#### Given information:
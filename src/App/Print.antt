-- ===== src/App/Print.antt =====
-- What the commands print: printJobList and its like in internal/app/job.go, run.go and scheduler.go, and the
-- texts of job_support.go and on_finish_support.go. An output is written by encoding/json, of which the
-- encoder at its type is a parameter, or as a table.
pub mod Runs
use jobsd.Common.{
  ℕ, Bool, true, false, ◌==◌, Option, none, some, List, [], ◌∷◌, String, ℤ, pos, negsuc,
  if◌then◌else◌, map,
}
use jobsd.Common.Text.{Runes, runes}
use jobsd.Result.{Error, Result, ok, err, hang}
use jobsd.Action.{Action, lift, ◌>>=◌}
use jobsd.Domain.{RunStatus, RunTriggerType, ConcurrencyPolicy, SchedulerStatus, OnFinishConfig}
use jobsd.Env.{Env, Codec}
use jobsd.Sqlite.{Stamp}
use jobsd.Output.{Format, Terminal, Field, parse_format, print_table, print_fields, print_json}
use jobsd.App.Support.{JobSummary, JobDetail, RunEnqueue, RunSummary}
use jobsd.App.Runs.{RunDetail}
use jobsd.App.Scheduler.{SchedulerOutput}
use jobsd.App.Instance.{SchedulerOnFinish}

-- Package time's text of a duration, the text of an error, and the layout of the tab writer.
pub record Formats : Type 0 where
  pub env : Env
  pub codec : Codec
  pub duration : ℤ → String
  pub error_text : Error → String
  pub align : Runes → Runes

-- deleteResultOutput
pub record DeleteResult : Type 0 where
  pub name : String
  pub deleted : Bool

-- the constants of internal/domain/types.go
abbrev pub run_status_text : RunStatus → String
run_status_text RunStatus.pending = "pending"
run_status_text RunStatus.running = "running"
run_status_text RunStatus.succeeded = "succeeded"
run_status_text RunStatus.failed = "failed"
run_status_text RunStatus.canceled = "canceled"
run_status_text (RunStatus.unknown s) = s

abbrev pub trigger_text : RunTriggerType → String
trigger_text RunTriggerType.schedule = "schedule"
trigger_text RunTriggerType.manual = "manual"
trigger_text (RunTriggerType.unknown s) = s

abbrev pub policy_text : ConcurrencyPolicy → String
policy_text ConcurrencyPolicy.unset = ""
policy_text ConcurrencyPolicy.forbid = "forbid"
policy_text ConcurrencyPolicy.queue = "queue"
policy_text ConcurrencyPolicy.replace = "replace"
policy_text (ConcurrencyPolicy.unknown s) = s

abbrev pub scheduler_status_text : SchedulerStatus → String
scheduler_status_text SchedulerStatus.running = "running"
scheduler_status_text SchedulerStatus.stale = "stale"
scheduler_status_text SchedulerStatus.stopped = "stopped"
scheduler_status_text (SchedulerStatus.unknown s) = s

abbrev pub bool_string : Bool → Runes
bool_string true = runes "true"
bool_string false = runes "false"

-- stringValue, of a text that a formatter makes
abbrev pub string_value : {A : Type 0} → (A → String) → Option A → Runes
string_value text none = []
string_value text (some a) = runes (text a)

abbrev pub is_zero_int : ℤ → Bool
is_zero_int (pos n) = n == 0
is_zero_int (negsuc n) = false

abbrev pub row_of : Field → List Runes
row_of f = f.name ∷ f.value ∷ []

-- commandOutputFormat, and the choice that every print function makes
abbrev pub in_format :
    {A : Type 0} → (A → Runes) → (A → Action Terminal Unit) → A → Format → Action Terminal Unit
in_format encode tabled value Format.json = print_json encode value
in_format encode tabled value Format.table = tabled value

abbrev pub print_as :
    {A : Type 0} → String → (A → Runes) → (A → Action Terminal Unit) → A → Action Terminal Unit
print_as flag encode tabled value = do
  format ← lift (parse_format flag)
  in_format encode tabled value format

abbrev pub field : String → Runes → Field
field name value = record { name = runes name; value = value }

module _ (f : Formats) where
  abbrev pub time_text : Stamp → String
  time_text = f.codec.write_time

  abbrev pub number_text : ℕ → Runes
  number_text n = runes (f.codec.itoa (pos n))

  -- intString
  abbrev pub int_string : ℤ → Runes
  int_string n = if is_zero_int n then [] else runes (f.codec.itoa n)

  -- formatOnFinishConfigValue: json.Marshal takes every configuration
  abbrev pub on_finish_text : Option OnFinishConfig → Runes
  on_finish_text = string_value f.env.marshal

  abbrev pub summary_row : JobSummary → List Runes
  summary_row item =
      runes item.name
      ∷ bool_string item.enabled
      ∷ item.schedule
      ∷ runes item.timezone
      ∷ runes (policy_text item.concurrency_policy)
      ∷ string_value time_text item.next_run_at
      ∷ string_value time_text item.last_run_at
      ∷ string_value run_status_text item.last_run_status
      ∷ []

  unfoldable pub print_job_list :
      String → (List JobSummary → Runes) → List JobSummary → Action Terminal Unit
  unfolding parse_format print_table
  print_job_list flag encode = print_as flag encode λ items.
      print_table f.align Format.table
        (map runes (
          "NAME" ∷ "ENABLED" ∷ "SCHEDULE" ∷ "TIMEZONE" ∷ "POLICY" ∷ "NEXT_RUN_AT" ∷ "LAST_RUN_AT"
          ∷ "LAST_RUN_STATUS" ∷ []))
        (map summary_row items)

  abbrev pub job_fields : JobDetail → List Field
  job_fields item =
      field "ID" (number_text item.id)
      ∷ field "NAME" (runes item.name)
      ∷ field "COMMAND" (runes item.command_line)
      ∷ field "SCHEDULE" item.schedule
      ∷ field "TIMEZONE" (runes item.timezone)
      ∷ field "ENABLED" (bool_string item.enabled)
      ∷ field "CONCURRENCY_POLICY" (runes (policy_text item.concurrency_policy))
      ∷ field "ON_FINISH" (on_finish_text item.on_finish)
      ∷ field "DISABLE_INHERITED_ON_FINISH" (bool_string item.disable_inherited_on_finish)
      ∷ field "NEXT_RUN_AT" (string_value time_text item.next_run_at)
      ∷ field "LAST_RUN_AT" (string_value time_text item.last_run_at)
      ∷ field "LAST_RUN_STATUS" (string_value run_status_text item.last_run_status)
      ∷ field "CREATED_AT" (runes (time_text item.created_at))
      ∷ field "UPDATED_AT" (runes (time_text item.updated_at))
      ∷ []

  unfoldable pub print_job_detail : String → (JobDetail → Runes) → JobDetail → Action Terminal Unit
  unfolding parse_format print_fields
  print_job_detail flag encode =
      print_as flag encode λ item. print_fields f.align Format.table (job_fields item)

  unfoldable pub print_delete_result :
      String → (DeleteResult → Runes) → DeleteResult → Action Terminal Unit
  unfolding parse_format print_fields
  print_delete_result flag encode = print_as flag encode λ item.
      print_fields f.align Format.table
        (field "NAME" (runes item.name) ∷ field "DELETED" (bool_string item.deleted) ∷ [])

  unfoldable pub print_run_enqueue :
      String → (RunEnqueue → Runes) → RunEnqueue → Action Terminal Unit
  unfolding parse_format print_fields
  print_run_enqueue flag encode = print_as flag encode λ item. print_fields f.align Format.table (
      field "RUN_ID" (number_text item.run_id)
      ∷ field "JOB" (runes item.job)
      ∷ field "STATUS" (runes (run_status_text item.status))
      ∷ field "TRIGGER_TYPE" (runes (trigger_text item.trigger_type))
      ∷ field "QUEUED_AT" (runes (time_text item.queued_at))
      ∷ [])

  unfoldable pub print_scheduler_output :
      String → (SchedulerOutput → Runes) → SchedulerOutput → Action Terminal Unit
  unfolding parse_format print_table
  print_scheduler_output flag encode = print_as flag encode λ value.
      print_table f.align Format.table
        (map runes (
          "INSTANCE" ∷ "STATUS" ∷ "PID" ∷ "PORT" ∷ "DB_PATH" ∷ "STARTED_AT" ∷ "VERSION" ∷ "REASON"
          ∷ []))
        ((runes value.instance_name
            ∷ runes (scheduler_status_text value.status)
            ∷ int_string value.pid
            ∷ int_string value.port
            ∷ runes value.db_path
            ∷ string_value time_text value.started_at
            ∷ runes value.version
            ∷ string_value f.error_text value.reason
            ∷ [])
          ∷ [])

  unfoldable pub print_scheduler_on_finish :
      String → (SchedulerOnFinish → Runes) → SchedulerOnFinish → Action Terminal Unit
  unfolding parse_format print_fields
  print_scheduler_on_finish flag encode = print_as flag encode λ value.
      print_fields f.align Format.table (
        field "INSTANCE" (runes value.instance_name)
        ∷ field "ON_FINISH" (on_finish_text value.on_finish)
        ∷ [])
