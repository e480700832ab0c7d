-- ===== src/App/CommandLine.antt =====
-- internal/app/job.go: two commands as a whole, from the checks of their flags to the closing of the database.
pub mod Deleted
use jobsd.Common.{Bool, true, List, String}
use jobsd.Common.Text.{Runes, is_blank}
use jobsd.Result.{Result, ok, err, hang, invalid}
use jobsd.Action.{Action, pure, ◌>>=◌, ◌>>◌, refuse_if}
use jobsd.Sqlite.Engine.{Db}
use jobsd.Sqlite.Jobs.{delete_by_name}
use jobsd.App.Support.{JobSummary}
use jobsd.App.Jobs.{lookup_error, or_error, list_command}
use jobsd.App.InstanceDb.{Setup, Session, work_and_print, with_instance_db}
use jobsd.App.Print.{Formats, DeleteResult, print_delete_result, print_job_list}

-- what `job delete` prints once the job is gone
abbrev pub deleted : String → DeleteResult
deleted name = record { name = name; deleted = true }

-- the work of `job delete` with the database
abbrev pub delete_work : String → Action Db DeleteResult
delete_work name = or_error lookup_error (delete_by_name name) >>= λ u. pure (deleted name)

module _ (s : Setup) (f : Formats) (flag : String) where
  -- the RunE of newJobDeleteCommand
  unfoldable pub job_delete : String → String → (DeleteResult → Runes) → Action Session Unit
  unfolding with_instance_db print_delete_result
  job_delete instance_name name encode = do
    refuse_if (is_blank name) (invalid "name must not be empty")
    with_instance_db s instance_name
        (work_and_print (delete_work name) (print_delete_result f flag encode))

  -- the RunE of newJobListCommand
  unfoldable pub job_list : String → (List JobSummary → Runes) → Action Session Unit
  unfolding with_instance_db print_job_list list_command
  job_list instance_name encode =
      with_instance_db s instance_name
        (work_and_print (list_command f.env) (print_job_list f flag encode))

#### What you have to do:
Go through the data and gather every line that holds "Stamp".

#### Task output:
use jobsd.Sqlite.{Stamp}
  abbrev pub time_text : Stamp → String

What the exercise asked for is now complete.